How to Set up Snowflake on JupyterHub
Saturn Cloud provides customizable, ready-to-use cloud environments for collaborative data teams.
Try Saturn Cloud and join thousands of users moving to the cloud without
having to switch tools.
Table of content
Key pair authentication
create a snowflake account and use key pair auth
Deploy JupyterHub on AWS EKS
Connect Snowflake with JupyterHub
Conclusion
Introduction
It is important for companies to secure their data from unauthorized access. First and foremost, data security is important for protecting sensitive information, such as financial data, customer data, intellectual property, etc. If this type of data were to be accessed by unauthorized individuals, it could lead to serious consequences.
One way that companies can secure their data is by using a platform like Snowflake, which provides a number of security features and controls, such as data encryption, role-based access controls, and more. By using Snowflake, companies can store and analyze their data in a secure and compliant manner.
In this article, you will learn how to set up a Snowflake service account on JupyterHub and set up authentication for the Snowflake access using key pairs.
Snowflake:
Snowflake is a cloud data storage and analytics platform. It provides services designed to make it easy to store, access, and distribute large volumes of data effectively and efficiently. Additionally, Snowflake is a fully managed service that supports setup via Amazon web services (AWS), Microsoft Azure, and Google Cloud Platform (GCP) and can also be accessed via a web interface or APIs.

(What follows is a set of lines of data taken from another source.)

-- ===== src/Server/Served.antt =====
-- A request from the bytes of its packet to its handler, through the two threads.
use windnet_game.Prelude.{
  ℕ, suc, ◌<◌, ◌≡◌, inl, inr, refl, ap, ◌∙◌, Bool, none, some, List, [], ◌∷◌, ◌++◌, length,
  length-append, get_elem?, get_or, set, arith, if◌then◌else◌,
}
use windnet_game.Prelude.Outcome.{ok, step}
use windnet_game.Prelude.Places.{get_elem?-append_here, get_or-here}
use windnet_game.Ring.{queue_size, pop}
use windnet_game.Ring.Fifo.{push_head}
use windnet_game.Net.Buffer.Stream.{unread}
use windnet_game.Net.Cipher.{IsBytes}
use windnet_game.Net.Packet.{packet_bytes}
use windnet_game.Bson.{Object}
use windnet_game.Bson.Wire.{Elements, parse}
use windnet_game.Dispatch.{dispatch_message}
use windnet_game.World.{World}
use windnet_game.World.Requests.{Outside, do_request}
use windnet_game.Server.{Server, BsonBuffer, Reads, epoll_in, work, handle}
use windnet_game.Server.Reading.{arrived, IsFine-IsSmall}
use windnet_game.Server.Events.{Arrives, Pushed, event_parses}
use windnet_game.Server.Steps.{Reach, later, reads}
use windnet_game.Server.Worker.{NextTaken, Reach-NextTaken}

get_or-last :
    (s t : Server) (ps : ℕ) (obj : Object)
    → Pushed s ps obj t
    → get_or t.messages (length s.messages) none ≡ some (record { ps = ps; request = obj })
get_or-last s t ps obj (m, q, w) =
    get_or-here t.messages (length s.messages) none _
      (ap (λ x. get_elem? x (length s.messages)) m ∙ get_elem?-append_here s.messages [] _)

-- A worker that pops a live message handles it.
handle-live :
    (o : Outside) (t : Server) (a ps : ℕ) (obj : Object) (ret deleted : Bool) (w' : World)
    → get_or t.messages a none ≡ some (record { ps = ps; request = obj })
    → dispatch_message (do_request o ps) obj t.world ≡ ok (ret, deleted, w')
    → (u : Server) × (handle o t (some a) ≡ ok u) × (u.world ≡ w')
unfolding handle
handle-live o t a ps obj ret deleted w' live done = (
  record t { world = w'; messages = if deleted then set t.messages a none else t.messages },
  rw (handle, live) (step (dispatch_message (do_request o ps) obj t.world) _ _ _ done refl),
  refl,
)

-- The next round handles the only message that waits.
work-Pushed :
    (o : Outside) (s t : Server) (ps : ℕ) (obj : Object) (ret deleted : Bool) (w' : World)
    → Pushed s ps obj t
    → s.queue.head ≡ length s.messages
    → NextTaken t
    → dispatch_message (do_request o ps) obj s.world ≡ ok (ret, deleted, w')
    → (u : Server) × (work o t ≡ ok u) × (u.world ≡ w')
unfolding work
work-Pushed o s t ps obj ret deleted w' (m, q, same) idle (inl (all, left)) done = absurd (
    omega (
      arith,
      all,
      idle,
      ap (λ x. x.head) q,
      push_head s.queue (length s.messages),
      ap length m,
      length-append s.messages (some (record { ps = ps; request = obj }) ∷ []),
    ))
work-Pushed o s t ps obj ret deleted w' (m, q, same) idle (inr (live, first)) done =
    let at : (pop t.queue).0 ≡ some (length s.messages) =
      first ∙ ap some (ap (λ x. x.head) q ∙ push_head s.queue (length s.messages) ∙ idle) in
    let (u, e, world) =
      handle-live o (record t { queue = (pop t.queue).1 }) (length s.messages) ps obj ret deleted w'
        (get_or-last s t ps obj (m, q, same))
        (ap (dispatch_message (do_request o ps) obj) same ∙ done) in
    (u, ap (handle o (record t { queue = (pop t.queue).1 })) at ∙ e, world)

-- In a state that the server's threads reach, with fewer than 8095 messages, all of them taken, bytes
-- arrive without an error at a session whose valid buffer stays below the size of its array. When they
-- complete a packet whose document is parsed to an object, the event succeeds, and the worker's next
-- round hands exactly this object, for this session, to the dispatcher; where that returns, the round
-- succeeds and leaves the world that it gives.
pub request-served :
    (iterate : List ℕ → Elements) (w : World) (s : Server) (ps : ℕ) (buf : BsonBuffer) (got : Reads)
    (doc rest : List ℕ) (obj : Object) (o : Outside) (ret deleted : Bool) (w' : World)
    → Reach iterate w s
    → s.queue.head ≡ length s.messages
    → suc (length s.messages) < queue_size
    → Arrives iterate ps s buf got
    → IsBytes doc
    → unread buf.buffer ++ arrived got ≡ packet_bytes doc ++ rest
    → parse iterate doc ≡ ok obj
    → dispatch_message (do_request o ps) obj s.world ≡ ok (ret, deleted, w')
    → (t u : Server) × (epoll_in iterate ps got s ≡ ok t) × (work o t ≡ ok u) × (u.world ≡ w')
request-served iterate w s ps buf got doc rest obj o ret deleted w' r idle fits arrives small e e'
      done =
    let (stored, v, fine, room) = arrives in
    let (t, event, ((m, q, same), there)) =
      event_parses iterate ps s buf got doc rest obj arrives small e e' in
    let (so_far, next) =
      Reach-NextTaken iterate w t (later r (reads ps got (IsFine-IsSmall got fine) event)) (
        omega (
          arith,
          fits,
          ap length m,
          length-append s.messages (some (record { ps = ps; request = obj }) ∷ []),
        )) in
    let (u, round, world) = work-Pushed o s t ps obj ret deleted w' (m, q, same) idle next done in
    (t, u, event, round, world)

In Snowflake, there are three main architectural layers: storage, compute, and services. Here is a brief overview of each of these layers:
Storage Layer: The storage layer is responsible for storing and managing data within Snowflake. This layer includes the data storage infrastructure, such as disks, servers, and networks, as well as the data management software that is used to store, organize, and retrieve data.

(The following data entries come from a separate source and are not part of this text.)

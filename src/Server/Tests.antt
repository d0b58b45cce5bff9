-- ===== src/Server/Tests.antt =====
-- A server with one session, on which a registration arrives.
use windnet_game.Prelude.{
  ℕ, ◌≤◌, ◌<◌, ◌≡◌, ◌⊎◌, refl, sym, ap, ◌∙◌, ℤ, pos, Bool, true, none, some, List, [], ◌∷◌, ◌++◌,
  append-nil, length, length-append, length-drop, length-replicate, replicate, drop, arith, lt→ltb,
  find, insert, put, string_key,
}
use windnet_game.Prelude.Outcome.{Outcome, ok}
use windnet_game.Ring
use windnet_game.Net.Buffer.{Buffer, init}
use windnet_game.Net.Buffer.Stream.{IsValid, unread}
use windnet_game.Net.Cipher.{IsBytes}
use windnet_game.Net.Packet.{packet_bytes}
use windnet_game.Net.Packet.Head.{length-packet}
use windnet_game.Bson.{
  Object, string_value, object_value, field, no_field, fields_of, object_of, get_string_val,
  get_object_val, get_or_default,
}
use windnet_game.Bson.Wire.{Elements, parse, parse_elements}
use windnet_game.Bson.Wire.Calls.{elements_of}
use windnet_game.Account.{Answers, init_accounts, get_account_info}
use windnet_game.Dispatch.{dispatch_message, init_table, route}
use windnet_game.World.{World}
use windnet_game.World.Requests.{Outside, do_request, on_login}
use windnet_game.LoginServlet
use windnet_game.LoginServlet.{do_register}
use windnet_game.LoginServlet.Requests.{do_login_request, call_login_handler}
use windnet_game.Server.{Server, BsonBuffer, Reads, block, again, read, accept, epoll_in, work}
use windnet_game.Server.Reading.{arrived, arrived_last, IsFine, IsFine-IsSmall}
use windnet_game.Server.Events.{Arrives, Event, Pushed, BufferHolds, event_parses, event_partial}
use windnet_game.Server.Steps.{Reach, here, later, accepts, reads, start, all_taken}
use windnet_game.Server.Worker.{NextTaken, Reach-NextTaken}
use windnet_game.Server.Queued.{from}
use windnet_game.Server.Served.{request-served}
use windnet_game.Server.Buffers.{Reach-read}

abbrev registration : Object
registration =
    (
      "Body",
      object_value
          (field "Name" (string_value "william") (field "Pwd" (string_value "secret") no_field)),
    )
    ∷ ("Command", string_value "Register")
    ∷ ("Token", string_value "")
    ∷ []

abbrev doc : List ℕ
doc = 65 ∷ 66 ∷ 67 ∷ []

-- A library that reads this document.
abbrev iterate : List ℕ → Elements
unfolding elements_of fields_of
iterate bytes = elements_of (fields_of registration)

abbrev empty : World
empty = record {
  accounts = init_accounts;
  servers = [];
  sessions = [];
  roles = [];
  scenes = [];
  online_players = [];
  cache_players = [];
  outbox = [];
}

abbrev array : List ℕ
array = replicate 8192 0

abbrev fresh : BsonBuffer
unfolding init
fresh = record { buffer = init array; protocol = [] }

abbrev connected : Server
unfolding accept init
connected = accept array (start empty)

reach : Reach iterate empty connected
unfolding accept connected
reach = later here (accepts array (length-replicate {0} {A = ℕ} 8192 0))

fresh-IsValid : IsValid fresh.buffer
unfolding init
fresh-IsValid = record {
  ordered = omega arith;
  within = omega arith;
  size = length-replicate {0} {A = ℕ} 8192 0;
}

abbrev whole : Reads
whole = block (packet_bytes doc) again

whole_size : length (packet_bytes doc) ≡ 13
whole_size = length-packet doc

whole-arrived : arrived whole ≡ packet_bytes doc
whole-arrived = arrived_last (packet_bytes doc) again (lt→ltb _ _ (omega (arith, whole_size)))

whole-IsFine : IsFine whole
whole-IsFine = (omega (arith, whole_size), omega (arith, whole_size), λ full. tt)

whole-Arrives : Arrives iterate 0 connected fresh whole
unfolding accept init
whole-Arrives =
    (refl, fresh-IsValid, whole-IsFine, omega (arith, ap length whole-arrived, whole_size))

registration-parses : parse iterate doc ≡ ok registration
unfolding elements_of fields_of insert put find parse parse_elements object_of
registration-parses = refl

doc-IsBytes : IsBytes doc
doc-IsBytes = (omega arith, (omega arith, (omega arith, tt)))

whole-packet : unread fresh.buffer ++ arrived whole ≡ packet_bytes doc ++ []
unfolding init
whole-packet = whole-arrived ∙ sym (append-nil (packet_bytes doc))

first_event :
    Event iterate 0 connected fresh whole
      (λ t. Pushed connected 0 registration t × BufferHolds t 0 registration [])
first_event =
    event_parses iterate 0 connected fresh whole doc [] registration whole-Arrives doc-IsBytes
      whole-packet registration-parses

event_parses_example :
    Event iterate 0 connected fresh whole
      (λ t. Pushed connected 0 registration t × BufferHolds t 0 registration [])
event_parses_example =
    event_parses iterate 0 connected fresh whole doc [] registration whole-Arrives doc-IsBytes
      whole-packet registration-parses

-- The head alone.
abbrev head_bytes : List ℕ
head_bytes = b'x' ∷ b'x' ∷ b'm' ∷ b'p' ∷ 4 ∷ 232 ∷ 0 ∷ 0 ∷ 0 ∷ 3 ∷ []

abbrev part : Reads
part = block head_bytes again

part-Arrives : Arrives iterate 0 connected fresh part
unfolding accept init arrived
part-Arrives = (refl, fresh-IsValid, (omega arith, omega arith, λ full. tt), omega arith)

event_partial_example : Event iterate 0 connected fresh part (λ t.
    (((length (unread fresh.buffer ++ arrived part) < 10)
        × (t.messages ≡ connected.messages)
        × (t.queue ≡ connected.queue)
        × (t.world ≡ connected.world))
      ⊎ ((10 ≤ length (unread fresh.buffer ++ arrived part)) × Pushed connected 0 [] t))
    × BufferHolds t 0 [] (unread fresh.buffer ++ arrived part))
unfolding init arrived packet_bytes
event_partial_example =
    event_partial iterate 0 connected fresh part doc (drop 10 (packet_bytes doc)) part-Arrives
      (omega arith) refl
      (λ e. absurd (omega (arith, ap length e, length-drop 10 (packet_bytes doc), whole_size)))

Reach-read_example :
    IsValid fresh.buffer
    × ((r : ℤ) × (b : Buffer) × (read part fresh.buffer ≡ some (r, b)) × IsValid b)
unfolding init accept
Reach-read_example =
    Reach-read iterate empty connected 0 fresh part reach refl (omega arith, λ full. tt)

Reach-NextTaken_example :
    (t : Server) × (r : Reach iterate empty t) × (all_taken r ≡ from 0 t.queue.head) × NextTaken t
unfolding connected
Reach-NextTaken_example =
    let (t, event, ((m, q, same), there)) = first_event in
    let r : Reach iterate empty t =
      later reach (reads 0 whole (IsFine-IsSmall whole whole-IsFine) event) in
    let (all, next) = Reach-NextTaken iterate empty t r (
      omega (
        arith,
        ap length m,
        length-append connected.messages (some (record { ps = 0; request = registration }) ∷ []),
      )) in
    (t, r, all, next)

abbrev taken : Answers
taken = record {
  executed = true;
  auto_id = pos 7;
  new_token = "a1";
  new_open_id = "b2";
  clock = 1400000000;
}

abbrev outside : Outside
outside = record {
  env = record {
    item_tables = record { items = []; soul_items = []; equip_strength = [] };
    soul_tables = record { souls_hunt_info = []; souls_info = []; souls_exchange = [] };
    executed = true;
    auto_id = pos 900;
    now = 1400000000;
    later = 1400000000;
    rand_weight = 0;
    rand_item = 0;
    rand_level = 0;
  };
  answers = taken;
  role_data = record {
    attributes = [];
    templates = λ id. none;
    cast = λ text. none;
    role_rows = [];
    item_rows = [];
    soul_rows = [];
  };
  int_cast = λ text. none;
  task_table = [];
  unset_double = 0;
}

-- The world that the registration leaves.
abbrev world_of : Outcome (Bool × Bool × World) → World
world_of (ok (ret, deleted, w)) = w
world_of _ = empty

abbrev registered_world : World
registered_world = world_of (dispatch_message (do_request outside 0) registration connected.world)

registers :
    dispatch_message (do_request outside 0) registration connected.world
    ≡ ok (true, true, registered_world)
unfolding dispatch_message do_request connected accept get_string_val get_object_val get_or_default
    find init_table route insert put object_of on_login do_login_request call_login_handler
    do_register get_account_info LoginServlet.registered
registers = refl

request-served_example :
    (t u : Server) × (epoll_in iterate 0 whole connected ≡ ok t)
    × (work outside t ≡ ok u)
    × (u.world ≡ registered_world)
unfolding connected Ring.init
request-served_example =
    request-served iterate empty connected 0 fresh whole doc [] registration outside true true
      registered_world reach refl (omega arith) whole-Arrives doc-IsBytes whole-packet
      registration-parses registers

Compute Layer: The compute layer is responsible for processing data within Snowflake. This layer includes the compute infrastructure, such as servers, networks, and software, as well as the tools and algorithms used to analyze and manipulate data.
Services Layer: The services layer is responsible for providing access to data and processing resources within Snowflake. This layer includes the user interface, APIs, and other tools and services that users and applications can use to interact with the storage and compute layers.

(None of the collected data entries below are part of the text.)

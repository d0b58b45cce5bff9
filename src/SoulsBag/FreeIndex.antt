-- ===== src/SoulsBag/FreeIndex.antt =====
-- SoulsBag::nextHuntSoulIndex finds an index that no hunted soul has.
use mathlib.Core.Option.{some-injective}
use windnet_game.Prelude.{
  ℕ, zero, suc, ◌+◌, ◌%◌, ◌^◌, ◌≤◌, ◌<◌, ◌≡◌, ◌≢◌, refl, sym, ap, ◌∙◌, ◌⊎◌, inl, inr, ℤ, pos,
  pos_part, int16-eq, false, Option, none, some, List, [], ◌∷◌, length, length-set,
  length-replicate, get_elem?, get_elem?-set_ne, get_elem?-set-some, lt-length, set, replicate, Map,
  ◌==◌, ==_iff, Bool-cases, Option-cases, arith,
}
use windnet_game.Prelude.Fault.{◌>>=◌}
use windnet_game.SoulsBag.{
  SoulItem, SoulStore, soul_index, soul_at, count_index, count_souls, first_zero, free_index,
  next_hunt_soul_index,
}

abbrev total : List ℕ → ℕ
total [] = 0
total (c ∷ counts) = c + total counts

-- Every soul of the map is there, with an index that is not negative.
abbrev pub Alive : List (Option SoulItem) → Map ℤ ℕ → Type 0
Alive souls [] = Unit {0}
Alive souls ((id, a) ∷ m) =
    ((soul : SoulItem) × (k : ℕ) × (soul_at souls a ≡ some soul) × (soul_index soul ≡ pos k))
    × Alive souls m

-- No soul of the map has the index `n`.
abbrev pub Unused : List (Option SoulItem) → Map ℤ ℕ → ℕ → Type 0
Unused souls [] n = Unit {0}
Unused souls ((id, a) ∷ m) n =
    ((soul : SoulItem) → soul_at souls a ≡ some soul → soul_index soul ≢ pos n) × Unused souls m n

total-set :
    (counts : List ℕ) (k c : ℕ)
    → get_elem? counts k ≡ some c
    → total (set counts k (c + 1)) ≡ total counts + 1
total-set [] k c e = cc
total-set (x ∷ counts) zero c e = omega (arith, some-injective _ _ e)
total-set (x ∷ counts) (suc k) c e = omega (arith, total-set counts k c e)

le-total : (counts : List ℕ) (k c : ℕ) → get_elem? counts k ≡ some c → c ≤ total counts
le-total [] k c e = cc
le-total (x ∷ counts) zero c e = omega (arith, some-injective _ _ e)
le-total (x ∷ counts) (suc k) c e = omega (arith, le-total counts k c e)

-- What counting gives.
record Counted (souls : List (Option SoulItem)) (m : Map ℤ ℕ) (counts final : List ℕ) : Type 0 where
  totals : total final ≤ total counts + length m
  size : length final ≡ length counts
  grows :
      (n c : ℕ) → get_elem? counts n ≡ some c → (c' : ℕ) × (get_elem? final n ≡ some c') × (c ≤ c')
  zero_unused : (n : ℕ) → get_elem? final n ≡ some 0 → Unused souls m n
  high_unused :
      (n : ℕ) → length counts ≤ n → total final ≡ total counts + length m → Unused souls m n

-- One soul is counted.
counted_one :
    (k : ℕ) (counts : List ℕ)
    → total counts + 1 < 2 ^ 16
    → ((count_index (pos k) counts ≡ some counts) × (length counts ≤ k))
      ⊎ ((c : ℕ) × (get_elem? counts k ≡ some c)
          × (count_index (pos k) counts ≡ some (set counts k (c + 1))))
unfolding count_index
counted_one k counts small = elim (Option-cases (get_elem? counts k)) [
  | inl out ↦ inl (rw (count_index, out) refl, none-le counts k out)
  | inr (c, there) ↦
      inr (c, there, rw (count_index, there) (ap (λ x. some (set counts k x)) (small_mod c there)))
]
  where
    none-le : (xs : List ℕ) (k : ℕ) → get_elem? xs k ≡ none → length xs ≤ k
    none-le [] k e = omega arith
    none-le (x ∷ xs) zero e = cc
    none-le (x ∷ xs) (suc k) e = omega (arith, none-le xs k e)

    small_mod : (c : ℕ) → get_elem? counts k ≡ some c → (c + 1) % 2 ^ 16 ≡ c + 1
    small_mod c e = omega (arith, le-total counts k c e)

not_index :
    (souls : List (Option SoulItem)) (a : ℕ) {n k : ℕ} (soul other : SoulItem)
    → soul_at souls a ≡ some soul
    → soul_index soul ≡ pos k
    → k ≢ n
    → soul_at souls a ≡ some other
    → soul_index other ≢ pos n
not_index souls a soul other e index differ f g =
    differ (ap pos_part (sym index ∙ ap soul_index (some-injective _ _ (sym e ∙ f)) ∙ g))

count-Counted :
    (souls : List (Option SoulItem)) (m : Map ℤ ℕ) (counts : List ℕ)
    → Alive souls m
    → total counts + length m < 2 ^ 16
    → (final : List ℕ) × (count_souls souls m counts ≡ some final) × Counted souls m counts final
unfolding count_souls
count-Counted souls [] counts alive small = (
  counts,
  refl,
  record {
    totals = omega arith;
    size = refl;
    grows = λ n c e. (c, e, omega arith);
    zero_unused = λ n e. tt;
    high_unused = λ n low e. tt;
  },
)
count-Counted souls ((id, a) ∷ m) counts ((soul, k, there, index), alive) small =
    elim (counted_one k counts (omega arith)) [
      | inl (same, out) ↦
          let (final, e, d) = count-Counted souls m counts alive (omega arith) in
          (
            final,
            rw (count_souls, there, ◌>>=◌, index, same) e,
            record {
              totals = omega (arith, d.totals);
              size = d.size;
              grows = d.grows;
              zero_unused = λ n z. (
                (λ other f.
                    not_index souls a soul other there index
                      (λ at. absurd (omega (arith, lt-length final n 0 z, d.size))) f),
                d.zero_unused n z,
              );
              high_unused = λ n low all. absurd (omega (arith, d.totals));
            },
          )
      | inr (c, at_k, counted) ↦
          let more = set counts k (c + 1) in
          let up : total more ≡ total counts + 1 = total-set counts k c at_k in
          let (final, e, d) = count-Counted souls m more alive (omega (arith, up)) in
          let (top, at_top, above) =
            d.grows k (c + 1) (get_elem?-set-some counts k c (c + 1) at_k) in
          (
            final,
            rw (count_souls, there, ◌>>=◌, index, counted) e,
            record {
              totals = omega (arith, d.totals, up);
              size = d.size ∙ length-set counts k (c + 1);
              grows = λ n c' f. elim (Bool-cases (k == n)) [
                | inl same ↦
                    let at : k ≡ n = (==_iff k n).0 same in
                    let equal : c ≡ c' =
                      some-injective _ _ (sym at_k ∙ ap (get_elem? counts) at ∙ f) in
                    (top, ap (get_elem? final) (sym at) ∙ at_top, omega (arith, above, equal))
                | inr differ ↦
                    d.grows n c' (get_elem?-set_ne counts k n (c + 1) (λ at. ground arith) ∙ f)
              ];
              zero_unused = λ n z. (
                (λ other f.
                    not_index souls a soul other there index
                      (λ at.
                        let none_there : top ≡ 0 =
                          some-injective _ _ (sym at_top ∙ ap (get_elem? final) at ∙ z) in
                        absurd (omega (arith, above, none_there)))
                      f),
                d.zero_unused n z,
              );
              high_unused = λ n low all. (
                (λ other f.
                    not_index souls a soul other there index
                      (λ at. absurd (omega (arith, lt-length counts k c at_k, low))) f),
                d.high_unused n (omega (arith, low, length-set counts k (c + 1)))
                    (omega (arith, all, up)),
              );
            },
          )
    ]

first_zero_cases :
    (counts : List ℕ)
    → (get_elem? counts (first_zero counts) ≡ some 0)
      ⊎ ((first_zero counts ≡ length counts) × (length counts ≤ total counts))
unfolding first_zero
first_zero_cases [] = inr (refl, omega arith)
first_zero_cases (c ∷ counts) = elim (Bool-cases (c == 0)) [
  | inl empty ↦ inl (rw empty (ap some ((==_iff c 0).0 empty)))
  | inr full ↦ elim (first_zero_cases counts) [
    | inl e ↦ inl (rw full e)
    | inr (e, all) ↦ inr (rw full (ap suc e), omega (arith, all, positive c full))
  ]
]
  where
    positive : (c : ℕ) → (c == 0) ≡ false → 1 ≤ c
    positive c e = ground arith

first_zero-le : (counts : List ℕ) → first_zero counts ≤ length counts
first_zero-le counts = elim (first_zero_cases counts) [
  | inl e ↦ omega (arith, lt-length counts (first_zero counts) 0 e)
  | inr (e, _) ↦ omega (arith, e)
]

total-replicate : (n : ℕ) → total (replicate n 0) ≡ 0
total-replicate zero = refl
total-replicate (suc n) = omega (arith, total-replicate n)

-- `nextHuntSoulIndex` gives an index that no hunted soul has and that is at most their number,
-- where every hunted soul is there with an index that is not negative and their number is a
-- `short`.
pub next_hunt_soul_index-Unused :
    (s : SoulStore)
    → Alive s.souls s.hunted
    → length s.hunted < 2 ^ 15
    → (n : ℕ) × (next_hunt_soul_index s ≡ some n)
      × (n ≤ length s.hunted)
      × Unused s.souls s.hunted n
unfolding next_hunt_soul_index free_index
next_hunt_soul_index-Unused s alive small = elim (Bool-cases (length s.hunted == 0)) [
  | inl empty ↦ (
    0,
    rw (next_hunt_soul_index, empty) refl,
    omega arith,
    none_hunted s.hunted ((==_iff (length s.hunted) 0).0 empty),
  )
  | inr some_hunted ↦
      let zeros = replicate (length s.hunted) 0 in
      let size : length zeros ≡ length s.hunted = length-replicate (length s.hunted) 0 in
      let (final, e, d) =
        count-Counted s.souls s.hunted zeros alive
          (omega (arith, total-replicate (length s.hunted))) in
      (
        first_zero final,
        rw
            (
              next_hunt_soul_index,
              some_hunted,
              int16-eq (pos (length s.hunted)) (omega arith),
              free_index,
              e,
            )
            refl,
        omega (arith, first_zero-le final, d.size, size),
        elim (first_zero_cases final) [
          | inl z ↦ d.zero_unused (first_zero final) z
          | inr (high, all) ↦
              d.high_unused (first_zero final) (omega (arith, high, d.size))
                (omega (arith, d.totals, all, d.size, size, total-replicate (length s.hunted)))
        ],
      )
]
  where
    none_hunted : (m : Map ℤ ℕ) → length m ≡ 0 → Unused s.souls m 0
    none_hunted [] e = tt
    none_hunted (x ∷ m) e = absurd (omega arith)
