-- ===== src/SoulServlet/Hunting.antt =====
-- soul_item_servlet.cpp: doHuntSoulItem.
use windnet_game.Prelude.{
  leb_ℤ, ◌-ℤ◌, ◌&&◌, ℕ, ◌≡◌, refl, ℤ, pos, ◌+ℤ◌, ltb_ℤ, int16, int32, Bool, true, false, Option,
  some, List, find, if◌then◌else◌, int_key,
}
use windnet_game.Item.{ItemTemplate}
use windnet_game.SoulsBag.{SoulItem, soul_at, soul_index, flush_new_soul_to_db}
use windnet_game.SoulsBag.FreeIndex.{Alive, Unused}
use windnet_game.Tables.{SoulHuntInfo, get_soul_hunt_info, rand_int}
use windnet_game.Role.{Role, level, souls_index, not_below_0}
use windnet_game.Session.{Player, Env}
use windnet_game.SoulServlet.{hunted, or_else}

-- A soul is at its address, with an index that is not negative.
abbrev Here : List (Option SoulItem) → ℕ → Type 0
Here souls a =
    (soul : SoulItem) × (k : ℕ) × (soul_at souls a ≡ some soul) × (soul_index soul ≡ pos k)

-- What is paid for, and the id that the new soul gets.
abbrev pub hunt_info : Env → ℤ → SoulHuntInfo → SoulHuntInfo
hunt_info env id here =
    or_else (get_soul_hunt_info env.soul_tables (int16 (int32 (id +ℤ pos 1)))) here

abbrev pub hunted_id : Env → ℤ
hunted_id env = if env.executed then env.auto_id else pos 0

-- Whether a hunt opens the next place: the role's level is high enough, and the dice say so.
abbrev pub is_lucky : Env → SoulHuntInfo → Role → Bool
is_lucky env info role =
    leb_ℤ info.level_need (level role)
    && ltb_ℤ (rand_int env.rand_level (pos 0) (pos 100)) (pos info.level_up_rate)

-- The role behind a hunt: the price is taken from the money and the points are added, neither below 0,
-- and the number of open places rises by one on luck.
abbrev pub charged : Env → SoulHuntInfo → Role → Role
charged env info role = record role {
  money = not_below_0 (int32 (role.money +ℤ int32 (pos 0 -ℤ info.money_need)));
  souls_value = not_below_0 (int32 (role.souls_value +ℤ info.soul_value));
  role_souls_index =
      if is_lucky env info role then int32 (souls_index role +ℤ pos 1) else role.role_souls_index;
}

-- The state after a hunt.
pub record HasHunted (env : Env) (info : SoulHuntInfo) (it : ItemTemplate) (p p' : Player)
    : Type 0 where
  pub role : p'.role ≡ charged env info p.role
  pub address : ℕ
  pub place : ℕ
  pub soul : SoulItem
  pub there : soul_at p'.souls.souls address ≡ some soul
  pub of_template : soul.template ≡ it
  pub at_place : soul_index soul ≡ pos place
  pub was_free : Unused p.souls.souls p.souls.hunted place
  pub by_id : find (hunted_id env) p'.souls.hunted ≡ some address
  pub alive : Alive p'.souls.souls p'.souls.hunted
  pub others : (id : ℤ) (b : ℕ) → find id p.souls.hunted ≡ some b → find id p'.souls.hunted ≡ some b

-- What flushNewToDB leaves as it is, and the id.
flushed :
    (executed : Bool) (auto_id role_id : ℤ) (soul : SoulItem)
    → soul.id ≡ pos 0
    → let new = (flush_new_soul_to_db executed auto_id role_id soul).0 in
      (new.template ≡ soul.template)
      × (new.place ≡ soul.place)
      × (new.id ≡ (if executed then auto_id else pos 0))
unfolding flush_new_soul_to_db
flushed true auto_id role_id soul e = (refl, refl, refl)
flushed false auto_id role_id soul e = (refl, refl, e)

Altogether, these layers work together to provide a platform for storing, querying and analyzing large amounts of data in the cloud and the architecture is designed to be highly scalable and flexible, allowing organizations to easily store and analyze as much data as they need.
Furthermore, Snowflake support storage and query for a wide range of data formats (SQL, CSV, JSON, Parquet, etc), allow scalability for your business demand, supports querying data using SQL and makes it easy for analysts and data scientists to access and analyze data. With Snowflake, you can integrate with a variety of other tools and platforms, including data visualization tools like Tableau, and data integration platforms like PowerBI, and it also offers a number of features to help protect your data, including data encryption, key pair authentication, etc.
Let’s discuss the security features of Snowflake and how we can use them to protect our data environment from unauthorized access.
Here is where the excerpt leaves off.